The two other girls who looked like sisters, both tall and blonde. They looked at each other then nodded once. One of them, the dirty blonde one stepped forward to speak.

“We both agree, we have a lack of fighters within our pack, making us vulnerable to outside threats. He might have the potential to be a fighter. Let us try,” With that she stepped back.

My relief at not dying was pretty awesome, I’ll admit I was terrified after it had sunk in. Now, instead of being eaten I would become one of them. A deep sense of foreboding started crawling up body from the pit of my stomach. Was becoming one of them better than death? I couldn’t think like that, it had to be better, death was a final everlasting thing. Maybe there was a cure to werewolfism. I had to hope there was, or at least it was a better life than what I was leading just now.

“You do it Alex, since you’re the one who wants him. I can hear a farmer in the next field. Let’s go girls,” With that Steven and the two blondes left.
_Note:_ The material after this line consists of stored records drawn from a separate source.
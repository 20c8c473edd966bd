-- ===== src/Tariffs/Order.antt =====
-- The order of `pickWinningRule` (tariff-resolver.ts), and the first of a list sorted by it.
use ardenne_padel_v.Prelude.{
  Bool-cases, Among, ℤ, pos, pos_part, neg_part, ◌≤ℤ◌, ◌<ℤ◌, leb_ℤ, ltb_ℤ, ◌==ℤ◌, int_laws, ==ℤ_iff,
  ltb_ℤ→lt, ltb_ℤ→ge, leb_ℤ→le, leb_ℤ→gt, ◌-ℤ◌, ℕ, ◌≡◌, refl, sym, ap, ◌∙◌, subst, ◌⊎◌, inl, inr,
  true, false, List, [], ◌∷◌, arith,
}
use ardenne_padel_v.Tariffs.{TariffRuleCandidate, compare_rules, insert_rule, sort_rules}

-- Rule `a` goes before rule `b`: it has a higher priority, or the same one and an id that is not
-- later.
abbrev pub GoesBefore : (ℕ → ℕ → ℤ) → TariffRuleCandidate → TariffRuleCandidate → Type 0
GoesBefore locale_compare a b =
    (b.priority <ℤ a.priority) ⊎ ((a.priority ≡ b.priority) × (locale_compare a.id b.id ≤ℤ pos 0))

-- What is documented of `localeCompare`: it orders texts.
pub record IsOrder (locale_compare : ℕ → ℕ → ℤ) : Type 0 where
  pub self : (a : ℕ) → locale_compare a a ≤ℤ pos 0
  pub turned : (a b : ℕ) → pos 0 <ℤ locale_compare a b → locale_compare b a ≤ℤ pos 0
  pub chained :
      (a b c : ℕ)
      → locale_compare a b ≤ℤ pos 0
      → locale_compare b c ≤ℤ pos 0
      → locale_compare a c ≤ℤ pos 0

no_difference : (a b : ℤ) → b -ℤ a ≡ pos 0 → a ≡ b
no_difference a b e = omega (int_laws, ap pos_part e, ap neg_part e)

below : (a b : ℤ) → (b -ℤ a ==ℤ pos 0) ≡ false → b -ℤ a ≤ℤ pos 0 → b <ℤ a
below a b apart le = elim (Bool-cases (ltb_ℤ b a)) [
  | inl lower ↦ ltb_ℤ→lt b a lower
  | inr not_lower ↦
      let ge = ltb_ℤ→ge b a not_lower in
      let even : b -ℤ a ≡ pos 0 = omega int_laws in cc (apart, (==ℤ_iff (b -ℤ a) (pos 0)).1 even)
]

module _ (locale_compare : ℕ → ℕ → ℤ) (order : IsOrder locale_compare) where
  GoesBefore-self : (a : TariffRuleCandidate) → GoesBefore locale_compare a a
  GoesBefore-self a = inr (refl, order.self a.id)

  GoesBefore-trans :
      (a b c : TariffRuleCandidate)
      → GoesBefore locale_compare a b
      → GoesBefore locale_compare b c
      → GoesBefore locale_compare a c
  GoesBefore-trans a b c (inl h) (inl k) = inl (omega arith)
  GoesBefore-trans a b c (inl h) (inr k) = inl (subst (λ p. p <ℤ a.priority) k.0 h)
  GoesBefore-trans a b c (inr h) (inl k) = inl (subst (λ p. c.priority <ℤ p) (sym h.0) k)
  GoesBefore-trans a b c (inr h) (inr k) = inr (h.0 ∙ k.0, order.chained a.id b.id c.id h.1 k.1)

  compared_before :
      (a b : TariffRuleCandidate)
      → leb_ℤ (compare_rules locale_compare a b) (pos 0) ≡ true
      → GoesBefore locale_compare a b
  compared_before a b t = elim (Bool-cases (b.priority -ℤ a.priority ==ℤ pos 0)) [
    | inl tie ↦
        let even = (==ℤ_iff (b.priority -ℤ a.priority) (pos 0)).0 tie in
        inr (
          no_difference a.priority b.priority even,
          leb_ℤ→le (locale_compare a.id b.id) (pos 0) (rw tie at t),
        )
    | inr apart ↦
        let t' : leb_ℤ (b.priority -ℤ a.priority) (pos 0) ≡ true = rw apart at t in
        inl (below a.priority b.priority apart (leb_ℤ→le (b.priority -ℤ a.priority) (pos 0) t'))
  ]

  compared_after :
      (a b : TariffRuleCandidate)
      → leb_ℤ (compare_rules locale_compare a b) (pos 0) ≡ false
      → GoesBefore locale_compare b a
  compared_after a b t = elim (Bool-cases (b.priority -ℤ a.priority ==ℤ pos 0)) [
    | inl tie ↦
        let even = (==ℤ_iff (b.priority -ℤ a.priority) (pos 0)).0 tie in
        inr (
          sym (no_difference a.priority b.priority even),
          order.turned a.id b.id (leb_ℤ→gt (locale_compare a.id b.id) (pos 0) (rw tie at t)),
        )
    | inr apart ↦
        let t' : leb_ℤ (b.priority -ℤ a.priority) (pos 0) ≡ false = rw apart at t in
        let gt = leb_ℤ→gt (b.priority -ℤ a.priority) (pos 0) t' in inl (omega int_laws)
  ]

  -- The first rule of a sorted list goes before all others.
  insert_rule-first :
      (a b : TariffRuleCandidate) (bs : List TariffRuleCandidate)
      → (w : TariffRuleCandidate) × (rest : List TariffRuleCandidate) × (insert_rule locale_compare
            a
            (b ∷ bs)
          ≡ w ∷ rest)
        × (((w ≡ a) × GoesBefore locale_compare a b) ⊎ ((w ≡ b) × GoesBefore locale_compare b a))
  unfolding insert_rule
  insert_rule-first a b bs = elim (Bool-cases (leb_ℤ (compare_rules locale_compare a b) (pos 0))) [
    | inl t ↦ (a, b ∷ bs, rw t, inl (refl, compared_before a b t))
    | inr t ↦ (b, insert_rule locale_compare a bs, rw t, inr (refl, compared_after a b t))
  ]

  pub sort_rules-first :
      (a : TariffRuleCandidate) (rest : List TariffRuleCandidate)
      → (w : TariffRuleCandidate) × (others : List TariffRuleCandidate) × (sort_rules locale_compare
            (a ∷ rest)
          ≡ w ∷ others)
        × Among w (a ∷ rest)
        × ((r : TariffRuleCandidate) → Among r (a ∷ rest) → GoesBefore locale_compare w r)
  unfolding sort_rules
  sort_rules-first a [] = (
    a,
    [],
    refl,
    inl refl,
    λ r among. elim among [
      | inl here ↦ subst (GoesBefore locale_compare a) here (GoesBefore-self a)
      | inr later ↦ absurd later
    ],
  )
  sort_rules-first a (b ∷ rest) =
      let (v, others, sorted, among, least) = sort_rules-first b rest in
      let (w, others', inserted, which) = insert_rule-first a v others in
      elim which [
        | inl (e, before) ↦ (
          w,
          others',
          rw sorted inserted,
          inl (sym e),
          λ r among. elim among [
            | inl here ↦ subst (GoesBefore locale_compare w) (e ∙ here) (GoesBefore-self w)
            | inr later ↦
                GoesBefore-trans w v r (subst (λ x. GoesBefore locale_compare x v) (sym e) before)
                  (least r later)
          ],
        )
        | inr (e, before) ↦ (
          w,
          others',
          rw sorted inserted,
          inr (subst (λ x. Among x (b ∷ rest)) (sym e) among),
          λ r among. elim among [
            | inl here ↦
                subst (λ x. GoesBefore locale_compare x r) (sym e)
                  (subst (GoesBefore locale_compare v) here before)
            | inr later ↦ subst (λ x. GoesBefore locale_compare x r) (sym e) (least r later)
          ],
        )
      ]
Alex took a step backwards, which confused me until she changed form. I was staring into the golden cat-like eyes of a giant wolf. A scream was trapped in my throat but I somehow held it back. Afterwards I thought, over and over again. I can scream afterwards. She/it ripped off my shirt with one slight tug of its jaws. Have I mentioned how scared I was by the way? My earlier bravado had certainly worn off. I shut my eyes, breathing in hard sharp gasps, preparing myself for the bite. She bit my left shoulder. I bit back the scream of pain. I panted, gritting my teeth trying to think about something else. What colour I’d be, would I be able to change immediately? How long does it take to sink in? What strengths do I have? Who is the pack leader? Do I stay with them all the time?

But thinking about something else didn’t help, in any way, shape or form. Trying to describe it is, well, hard. You can feel it spreading, you can feel it taking over, one horrible burn after the next. At times it(the venom) will disappear, as if it has lost out to your blood, but then it will come on stronger somewhere else. Every piece of me screamed in agony. It spread down my arms, taking them quickly, whilst slowly spreading from major organ to major organ. I have never been more aware of my body, every tiny functioning piece, things most people will never feel. The worst had to be the intestine, because you feel every inch the venom takes, and the intestine stretches for a mile! I nearly passed out whilst it was spreading… Until Alex slapped me about to waken me. Pretty rude if you asked me, first putting me through the worst pain I think any living creature could experience AND then, beating me about as if I was slacking or something!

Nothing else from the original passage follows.